RIO DE JANEIRO - Indo mais uma vez contra a maré. Já se disse quase tudo sobre os crimes do regime militar. A Comissão Nacional da Verdade, apesar de suas boas intenções e das qualidades cívicas de seus membros, não está agradando a todos.

Há uma geral desconfiança de cada brasileiro, principalmente os que viveram os anos das violências sofridas –inclusive com inúmeros mortos e desaparecidos–, sobre a punição dos culpados.

Falo por mim. Perdi dois empregos, tive a casa invadida, fui preso seis vezes, respondi a meia dúzia de processos, minhas duas filhas foram ameaçadas de sequestro e estupro, fui processado pelo ministro da Guerra –mais tarde presidente da República–, segundo a Lei de Segurança Nacional.

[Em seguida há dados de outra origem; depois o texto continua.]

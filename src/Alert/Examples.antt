-- ===== src/Alert/Examples.antt =====
-- The theorems about alerts at concrete inputs.
use opensource_project_intel.Base.{◌≡◌, refl, ◌↔◌, true, false, none, some, [], ◌∷◌, map, arith}
use opensource_project_intel.Base.Int.{ℤ, pos, inc64, int_eq, leb_ℤ}
use opensource_project_intel.Base.Lists.{contains}
use opensource_project_intel.Base.Result.{ok}
use opensource_project_intel.Base.Text.{codes, is_blank, trim_space}
use opensource_project_intel.Access
use opensource_project_intel.Access.{Principal, authorize, project_write}
use opensource_project_intel.Alert.{
  warning, acknowledged, greater_than, Rule, Fact, Occurrence, unfit, alarming, opened, transition,
  sub_time,
}
use opensource_project_intel.Alert.Evaluation.{
  evaluate_all, IsRepeat, IsShared, evaluate-deduplicates,
}
use opensource_project_intel.Alert.Changes.{Change, alert_transition_iff}

abbrev rule : Rule
rule = record {
  id = pos 1;
  version = pos 1;
  name = codes "Quiet";
  signal = codes "trend.decrease";
  operator = greater_than;
  threshold = 0x3FE0_0000_0000_0000;
  scope = codes "workspace";
  project_id = pos 0;
  severity = warning;
  cooldown = pos 0;
  deduplication = pos 3_600_000_000_000;
  enabled = true;
  created_by = pos 8;
  updated_at = pos 5;
}

abbrev fact : Fact
fact = record {
  project_id = pos 2;
  signal = codes "trend.decrease";
  version = codes "v1";
  value = some 0x3FF0_0000_0000_0000;
  evidence_id = pos 30;
  window_from = pos 10;
  window_to = pos 20;
  detected_at = pos 100;
  complete = true;
  archived = false;
}

abbrev later : Fact
later = record fact { evidence_id = pos 31; detected_at = pos 200 }

fact-fit : unfit rule fact ≡ false
unfolding unfit is_blank
fact-fit = refl

fact-alarming : alarming rule fact ≡ true
unfolding alarming
fact-alarming = refl

later-fit : unfit rule later ≡ false
unfolding unfit is_blank
later-fit = refl

later-alarming : alarming rule later ≡ true
unfolding alarming
later-alarming = refl

later-near : leb_ℤ (sub_time later.detected_at fact.detected_at) rule.deduplication ≡ true
unfolding sub_time
later-near = refl

later-repeats : IsRepeat rule fact later
later-repeats = ((later-fit, later-alarming), refl, later-near)

evaluate-deduplicates_example :
    (o : Occurrence) × (evaluate_all rule (fact ∷ later ∷ later ∷ []) none ≡ ok (some o))
    × IsShared rule fact 2 o
    × ((x : ℤ)
        → contains o.evidence_ids x
          ≡ contains (map (λ f. f.evidence_id) (fact ∷ later ∷ later ∷ [])) x)
evaluate-deduplicates_example =
    evaluate-deduplicates rule fact (later ∷ later ∷ []) (fact-fit, fact-alarming)
      (later-repeats, (later-repeats, tt)) omega arith

abbrev analyst : Principal
analyst = record {
  actor_id = pos 8;
  kind = Access.member;
  role = Access.analyst;
  status = Access.active;
  scopes = [];
  version = pos 1;
  workspace = pos 1;
}

abbrev seen : Occurrence
seen = record (opened rule fact) {
  state = acknowledged;
  transition_reason = codes "seen";
  transitioned_by = pos 8;
  revision = pos 2;
}

alert_transition_iff_example :
    (transition analyst (opened rule fact) acknowledged (codes "seen") (pos 1) ≡ ok seen) ↔ (
      (authorize analyst project_write ≡ ok tt)
      × ((opened rule fact).revision ≡ pos 1)
      × (is_blank (codes "seen") ≡ false)
      × Change (opened rule fact).state acknowledged
      × (seen ≡ record (opened rule fact) {
        state = acknowledged;
        transition_reason = trim_space (codes "seen");
        transitioned_by = analyst.actor_id;
        revision = inc64 (opened rule fact).revision;
      }))
alert_transition_iff_example =
    alert_transition_iff analyst (opened rule fact) acknowledged (codes "seen") (pos 1) seen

Quando tive oportunidade, e graças ao Antonio Callado –que também seria preso alguns dias depois–, exilei-me em Cuba. Mas me sinto obrigado a dar um depoimento que, como disse, vai contra a maré.

Neste último Natal, pensei muito em 1968. No mesmo dia em que foi promulgado o AI-5 (13 dezembro de 1968), me prenderam no quartel do Batalhão de Guarda, em São Cristovão, tendo como companheiro de cela o maravilhoso Joel Silveira. Não fomos torturados mas sacaneados e ameaçados em tempo integral. Ouvíamos os gritos medonhos dos torturados,

No dia do Natal, depois do jantar miserável servido na hora regulamentar, entraram na cela quatro soldados trazendo a tradicional ceia, uma garrafa de vinho nacional, pedaços de peru e presunto, nozes, castanhas, passas, rabanadas –uma ceia completa para dois infelizes da classe média.

Mais tarde, o coronel comandante (não lhe guardei o nome), veio trazer seus votos de feliz Natal e indagou se tínhamos gostado da ceia. E informou: "Foi a mesma que minha mulher preparou lá em casa".